Bayesian Optimization of MLP

`Optimizing roc_auc using the expected improvement`

`! No improvement for 30 iterations; returning current results.`

Yet again, we can use `autoplot()`

to visualize the results of tuning. From this, it appears that learning rate has a big impact on model performance, but number of epochs and droput rate are less important. Digging into why is beyond the scope of this post, but it’s important to recognize that not all hyperparameter are created equal.

And yet again, we can use `collect_metrics()`

to collect the results of tuning.

```
# A tibble: 142 × 10
dropout epochs learn_rate .metric .estim…¹ mean n std_err .config .iter
<dbl> <int> <dbl> <chr> <chr> <dbl> <int> <dbl> <chr> <int>
1 0.1 10 0.001 accuracy binary 0.426 3 0.0897 Prepro… 0
2 0.1 10 0.001 roc_auc binary 0.491 3 0.0212 Prepro… 0
3 0.5 10 0.001 accuracy binary 0.563 3 0.111 Prepro… 0
4 0.5 10 0.001 roc_auc binary 0.542 3 0.0360 Prepro… 0
5 0.9 10 0.001 accuracy binary 0.466 3 0.0362 Prepro… 0
6 0.9 10 0.001 roc_auc binary 0.554 3 0.0576 Prepro… 0
7 0.1 105 0.001 accuracy binary 0.357 3 0.0274 Prepro… 0
8 0.1 105 0.001 roc_auc binary 0.459 3 0.0476 Prepro… 0
9 0.5 105 0.001 accuracy binary 0.610 3 0.0619 Prepro… 0
10 0.5 105 0.001 roc_auc binary 0.550 3 0.0707 Prepro… 0
# … with 132 more rows, and abbreviated variable name ¹.estimator
```

For our moment of truth, we can select the best model and evaluate it on the test set.

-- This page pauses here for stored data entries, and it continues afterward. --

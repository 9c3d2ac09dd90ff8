-- ===== src/Codec/Matrix/Packet.antt =====
-- The map of coefficients that `add_coded` makes of an encoding vector.
use delp.Prelude.{
  ℕ, suc, ◌*◌, ◌≤◌, ◌<◌, ◌%◌, ◌≡◌, ◌≢◌, refl, sym, ap, ◌∙◌, bit_xor, false, Bool-cases, inl, inr,
  List, [], ◌∷◌, length, map, ltb, ◌==◌, if◌then◌else◌, arith, xor_assoc, xor_self, xor-zero,
}
use delp.Error.{ok}
use delp.Config.{Field}
use delp.Gf.Field.{vandermonde}
use delp.Gf.Action.{order, act}
use delp.Gf.Action.Laws.{alpha_pow_8-lt, alpha_pow_4-lt}
use delp.Codec.Dense.FromMap.{CoefMap, coef_at, Keys}
use delp.Codec.Dense.Sum.{combination, combination-without, Scalars, Bytes}
use delp.Codec.Matrix.Recover.{insert_coef, coef_map}
use delp.Wire.Ev.{EncodingVector, has_explicit_coefs}
use delp.Wire.Ev.CoefGen.{vandermonde_coef}

-- The coefficients of a vector's IDs: its own, or those that its coded ID gives.
abbrev pub row_coefs : EncodingVector → List ℕ
row_coefs ev =
    if has_explicit_coefs ev
    then ev.coefficients
    else map (λ id. vandermonde_coef ev.field id ev.coded_id) ev.source_ids

pub vandermonde_coef-lt : (f : Field) (x y : ℕ) → vandermonde_coef f x y < order f
unfolding vandermonde_coef vandermonde
vandermonde_coef-lt Field.gf2_8 x y = alpha_pow_8-lt ((x * y) % 255)
vandermonde_coef-lt Field.gf2_4 x y = alpha_pow_4-lt ((x * y) % 15)

-- One byte of a coded symbol: the bytes of the IDs' symbols, times their coefficients, added up.
abbrev pub coded_byte : Field → List ℕ → List ℕ → (ℕ → ℕ) → ℕ
coded_byte f [] coefs byte = 0
coded_byte f (id ∷ ids) [] byte = 0
coded_byte f (id ∷ ids) (c ∷ coefs) byte = bit_xor (act f c (byte id)) (coded_byte f ids coefs byte)

-- The IDs are different from one another and lie below the bound.
abbrev pub Fresh : ℕ → List ℕ → Type 0
Fresh id [] = Unit
Fresh id (other ∷ ids) = (id ≢ other) × Fresh id ids

abbrev pub DistinctIds : ℕ → List ℕ → Type 0
DistinctIds n [] = Unit
DistinctIds n (id ∷ ids) = (id < n) × Fresh id ids × DistinctIds n ids

abbrev pub AllBelow : ℕ → List ℕ → Type 0
AllBelow n [] = Unit
AllBelow n (c ∷ coefs) = (c < n) × AllBelow n coefs

-- No key of the map is among the IDs.
abbrev pub Absent : CoefMap → List ℕ → Type 0
Absent m [] = Unit
Absent m (id ∷ ids) = (coef_at m id ≡ 0) × Absent m ids

insert_coef-Keys :
    (low n : ℕ) (m : CoefMap) (id c : ℕ)
    → Keys low n m
    → low ≤ id
    → id < n
    → Keys low n (insert_coef m id c)
unfolding insert_coef
insert_coef-Keys low n [] id c k p q = (p, q, tt)
insert_coef-Keys low n ((key, d) ∷ m) id c (l, u, k) p q = elim (Bool-cases (ltb id key)) [
  | inl t ↦ rw t (p, q, (ground arith, u, k))
  | inr t ↦ elim (Bool-cases (id == key)) [
    | inl e ↦ let same : id ≡ key = ground arith in rw (t, e) (p, q, rw same k)
    | inr e ↦ rw (t, e) (l, u, insert_coef-Keys (suc key) n m id c k (ground arith) q)
  ]
]

coef_at-insert_coef :
    (low n : ℕ) (m : CoefMap) (id c x : ℕ)
    → Keys low n m
    → coef_at (insert_coef m id c) x ≡ (if x == id then c else coef_at m x)
unfolding insert_coef
coef_at-insert_coef low n [] id c x k = refl
coef_at-insert_coef low n ((key, d) ∷ m) id c x (l, u, k) =
    ground (arith, coef_at-insert_coef (suc key) n m id c x k)

module _ (f : Field) (n : ℕ) where
  -- A map of the row that is being built.
  pub record Mapped (m : CoefMap) : Type 0 where
    pub keys : Keys 0 n m
    pub scalars : Scalars f (coef_at m)

  with_coef : CoefMap → ℕ → ℕ → CoefMap
  with_coef m id c = if c == 0 then m else insert_coef m id c

  coef_at-with_coef :
      (m : CoefMap) (id c x : ℕ)
      → Keys 0 n m
      → coef_at m id ≡ 0
      → coef_at (with_coef m id c) x ≡ (if x == id then c else coef_at m x)
  unfolding with_coef
  coef_at-with_coef m id c x k z = elim (Bool-cases (c == 0)) [
    | inl t ↦ elim (Bool-cases (x == id)) [
      | inl e ↦
          let same : x ≡ id = ground arith in rw (t, e) (ap (coef_at m) same ∙ z ∙ ground arith)
      | inr e ↦ rw (t, e) refl
    ]
    | inr t ↦ rw t (coef_at-insert_coef 0 n m id c x k)
  ]

  with_coef-Mapped :
      (m : CoefMap) (id c : ℕ)
      → Mapped m
      → id < n
      → c < order f
      → coef_at m id ≡ 0
      → Mapped (with_coef m id c)
  with_coef-Mapped m id c h p q z = record {
    keys =
        unfold with_coef in
        elim (Bool-cases (c == 0)) [
          | inl t ↦ rw t h.keys
          | inr t ↦ rw t (insert_coef-Keys 0 n m id c h.keys (omega arith) p)
        ];
    scalars = λ x. ground (arith, coef_at-with_coef m id c x h.keys z, h.scalars x);
  }

  with_coef-Absent :
      (m : CoefMap) (id c : ℕ) (ids : List ℕ)
      → Keys 0 n m
      → coef_at m id ≡ 0
      → Fresh id ids
      → Absent m ids
      → Absent (with_coef m id c) ids
  with_coef-Absent m id c [] k z fresh h = tt
  with_coef-Absent m id c (other ∷ ids) k z (ne, fresh) (e, h) =
      (coef_at-with_coef m id c other k z ∙ ground arith, with_coef-Absent m id c ids k z fresh h)

  -- The map's combination gains the share of the ID.
  combination-with_coef :
      (m : CoefMap) (id c : ℕ) (byte : ℕ → ℕ)
      → Bytes byte
      → Keys 0 n m
      → id < n
      → coef_at m id ≡ 0
      → combination f n (coef_at (with_coef m id c)) byte
        ≡ bit_xor (combination f n (coef_at m) byte) (act f c (byte id))
  combination-with_coef m id c byte bytes k p z =
      let after = coef_at (with_coef m id c) in
      let entry = λ (x : ℕ). coef_at-with_coef m id c x k z in
      let at : after id ≡ c = entry id ∙ ground arith in
      let lost : combination f n (coef_at m) byte
          ≡ bit_xor (combination f n after byte) (act f (after id) (byte id)) =
        combination-without f n byte bytes after (coef_at m) id p (λ x. cleared x (entry x)) in
      let share = act f c (byte id) in
      sym (xor-zero (combination f n after byte))
      ∙ ap (bit_xor (combination f n after byte)) (sym (xor_self share))
      ∙ sym (xor_assoc (combination f n after byte) share share)
      ∙ ap (λ (t : ℕ). bit_xor t share)
          (ap (λ (v : ℕ). bit_xor (combination f n after byte) (act f v (byte id))) (sym at)
            ∙ sym lost)
    where
      cleared :
          (x : ℕ)
          → coef_at (with_coef m id c) x ≡ (if x == id then c else coef_at m x)
          → coef_at m x ≡ (if x == id then 0 else coef_at (with_coef m id c) x)
      cleared x e = elim (Bool-cases (x == id)) [
        | inl t ↦ let same : x ≡ id = ground arith in rw t (ap (coef_at m) same ∙ z)
        | inr t ↦
            let kept : coef_at (with_coef m id c) x ≡ coef_at m x = e ∙ rw t refl in rw t (sym kept)
      ]

  pub record Built (m : CoefMap) (ids coefs : List ℕ) (next : CoefMap) : Type 0 where
    pub mapped : Mapped next
    pub sums :
        (byte : ℕ → ℕ)
        → Bytes byte
        → combination f n (coef_at next) byte
          ≡ bit_xor (combination f n (coef_at m) byte) (coded_byte f ids coefs byte)

  Built-cons :
      (m next : CoefMap) (id c : ℕ) (ids coefs : List ℕ)
      → Mapped m
      → id < n
      → coef_at m id ≡ 0
      → Built (with_coef m id c) ids coefs next
      → Built m (id ∷ ids) (c ∷ coefs) next
  Built-cons m next id c ids coefs h p z b = record {
    mapped = b.mapped;
    sums = λ byte bytes.
        b.sums byte bytes
        ∙ ap (λ (t : ℕ). bit_xor t (coded_byte f ids coefs byte))
            (combination-with_coef m id c byte bytes h.keys p z)
        ∙ xor_assoc (combination f n (coef_at m) byte) (act f c (byte id))
            (coded_byte f ids coefs byte);
  }

  pub coef_map-explicit :
      (ev : EncodingVector) (ids coefs : List ℕ) (m : CoefMap)
      → length ids ≡ length coefs
      → DistinctIds n ids
      → AllBelow (order f) coefs
      → Absent m ids
      → Mapped m
      → (next : CoefMap) × (coef_map ev ids coefs m ≡ ok next) × Built m ids coefs next
  unfolding coef_map with_coef
  coef_map-explicit ev [] coefs m e d below absent h =
      (m, refl, record { mapped = h; sums = λ byte bytes. sym (xor-zero _) })
  coef_map-explicit ev (id ∷ ids) [] m e d below absent h = absurd (omega arith)
  coef_map-explicit ev (id ∷ ids) (c ∷ coefs) m e (p, fresh, d) (q, below) (z, absent) h =
      let (next, runs, built) =
        coef_map-explicit ev ids coefs (with_coef m id c) (omega arith) d below
          (with_coef-Absent m id c ids h.keys z fresh absent) (with_coef-Mapped m id c h p q z) in
      (next, runs, Built-cons m next id c ids coefs h p z built)

  pub coef_map-vandermonde :
      (ev : EncodingVector) (ids : List ℕ) (m : CoefMap)
      → has_explicit_coefs ev ≡ false
      → ((id : ℕ) → vandermonde_coef ev.field id ev.coded_id < order f)
      → DistinctIds n ids
      → Absent m ids
      → Mapped m
      → (next : CoefMap) × (coef_map ev ids [] m ≡ ok next)
        × Built m ids (map (λ id. vandermonde_coef ev.field id ev.coded_id) ids) next
  unfolding coef_map with_coef
  coef_map-vandermonde ev [] m e below d absent h =
      (m, refl, record { mapped = h; sums = λ byte bytes. sym (xor-zero _) })
  coef_map-vandermonde ev (id ∷ ids) m e below (p, fresh, d) (z, absent) h =
      let c = vandermonde_coef ev.field id ev.coded_id in
      let (next, runs, built) =
        coef_map-vandermonde ev ids (with_coef m id c) e below d
          (with_coef-Absent m id c ids h.keys z fresh absent)
          (with_coef-Mapped m id c h p (below id) z) in
      (
        next,
        rw e runs,
        Built-cons m next id c ids (map (λ x. vandermonde_coef ev.field x ev.coded_id) ids) h p z
            built,
      )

Finalize Model and Evaluate

```
# A tibble: 2 × 4
.metric .estimator .estimate .config
<chr> <chr> <dbl> <chr>
1 accuracy binary 0.893 Preprocessor1_Model1
2 roc_auc binary 0.890 Preprocessor1_Model1
```

```
# plot results of test set fit
best_mlp |>
collect_predictions() |>
roc_curve(Class, .pred_Impaired) |>
autoplot()
```

Based on these results, there was not much value in the Bayesian optimization in this case. Nonetheless, it is a useful tool to have in your toolbox, and I hope you find this example useful.